Extracted information >>
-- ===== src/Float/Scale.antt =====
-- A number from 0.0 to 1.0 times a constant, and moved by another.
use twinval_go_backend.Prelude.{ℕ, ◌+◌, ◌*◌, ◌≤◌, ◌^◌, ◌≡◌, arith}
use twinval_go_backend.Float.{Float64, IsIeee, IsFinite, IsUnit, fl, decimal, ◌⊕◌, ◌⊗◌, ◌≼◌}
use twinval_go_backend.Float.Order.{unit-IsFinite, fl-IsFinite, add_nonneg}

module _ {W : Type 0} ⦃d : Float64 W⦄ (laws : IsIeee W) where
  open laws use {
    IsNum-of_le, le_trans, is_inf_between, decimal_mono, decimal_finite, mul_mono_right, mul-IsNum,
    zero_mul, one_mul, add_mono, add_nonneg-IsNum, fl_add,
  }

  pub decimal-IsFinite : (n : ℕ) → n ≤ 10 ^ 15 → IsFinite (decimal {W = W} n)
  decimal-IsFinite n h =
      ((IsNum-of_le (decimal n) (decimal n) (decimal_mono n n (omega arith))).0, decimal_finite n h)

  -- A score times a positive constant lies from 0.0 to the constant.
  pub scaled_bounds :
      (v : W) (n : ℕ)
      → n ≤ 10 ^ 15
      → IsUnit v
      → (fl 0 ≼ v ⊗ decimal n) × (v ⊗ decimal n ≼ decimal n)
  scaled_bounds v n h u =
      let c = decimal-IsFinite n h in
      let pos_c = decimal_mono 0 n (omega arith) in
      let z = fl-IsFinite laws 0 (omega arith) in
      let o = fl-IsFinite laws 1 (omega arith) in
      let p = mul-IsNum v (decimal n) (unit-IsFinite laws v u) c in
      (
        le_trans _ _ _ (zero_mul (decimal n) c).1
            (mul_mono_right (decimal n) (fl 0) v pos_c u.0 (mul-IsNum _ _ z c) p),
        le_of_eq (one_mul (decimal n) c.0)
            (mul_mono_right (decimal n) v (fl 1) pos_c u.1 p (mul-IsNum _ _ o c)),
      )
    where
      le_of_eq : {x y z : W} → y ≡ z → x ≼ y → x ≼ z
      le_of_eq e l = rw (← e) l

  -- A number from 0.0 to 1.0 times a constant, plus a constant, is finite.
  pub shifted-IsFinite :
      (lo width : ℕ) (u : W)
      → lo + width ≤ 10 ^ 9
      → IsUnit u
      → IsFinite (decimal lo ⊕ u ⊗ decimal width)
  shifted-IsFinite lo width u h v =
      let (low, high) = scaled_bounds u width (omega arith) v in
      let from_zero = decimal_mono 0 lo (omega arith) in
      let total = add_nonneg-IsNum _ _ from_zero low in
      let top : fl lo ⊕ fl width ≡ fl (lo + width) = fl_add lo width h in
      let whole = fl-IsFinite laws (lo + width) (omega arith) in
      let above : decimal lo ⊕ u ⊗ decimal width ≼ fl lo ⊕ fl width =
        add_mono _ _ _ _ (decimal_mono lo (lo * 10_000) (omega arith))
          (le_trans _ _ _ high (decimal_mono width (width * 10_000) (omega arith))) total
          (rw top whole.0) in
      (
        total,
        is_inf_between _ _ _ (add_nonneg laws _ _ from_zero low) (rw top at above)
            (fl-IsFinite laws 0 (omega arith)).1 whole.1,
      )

Exercise instructions >> Look above for the line with "u ⊗ decimal width)" and the line with "is_inf_between _ _"; transcribe both and all lines in between, exactly, and nothing else.

Answer space >>
      → IsFinite (decimal lo ⊕ u ⊗ decimal width)
  shifted-IsFinite lo width u h v =
      let (low, high) = scaled_bounds u width (omega arith) v in
      let from_zero = decimal_mono 0 lo (omega arith) in
      let total = add_nonneg-IsNum _ _ from_zero low in
      let top : fl lo ⊕ fl width ≡ fl (lo + width) = fl_add lo width h in
      let whole = fl-IsFinite laws (lo + width) (omega arith) in
      let above : decimal lo ⊕ u ⊗ decimal width ≼ fl lo ⊕ fl width =
        add_mono _ _ _ _ (decimal_mono lo (lo * 10_000) (omega arith))
          (le_trans _ _ _ high (decimal_mono width (width * 10_000) (omega arith))) total
          (rw top whole.0) in
      (
        total,
        is_inf_between _ _ _ (add_nonneg laws _ _ from_zero low) (rw top at above)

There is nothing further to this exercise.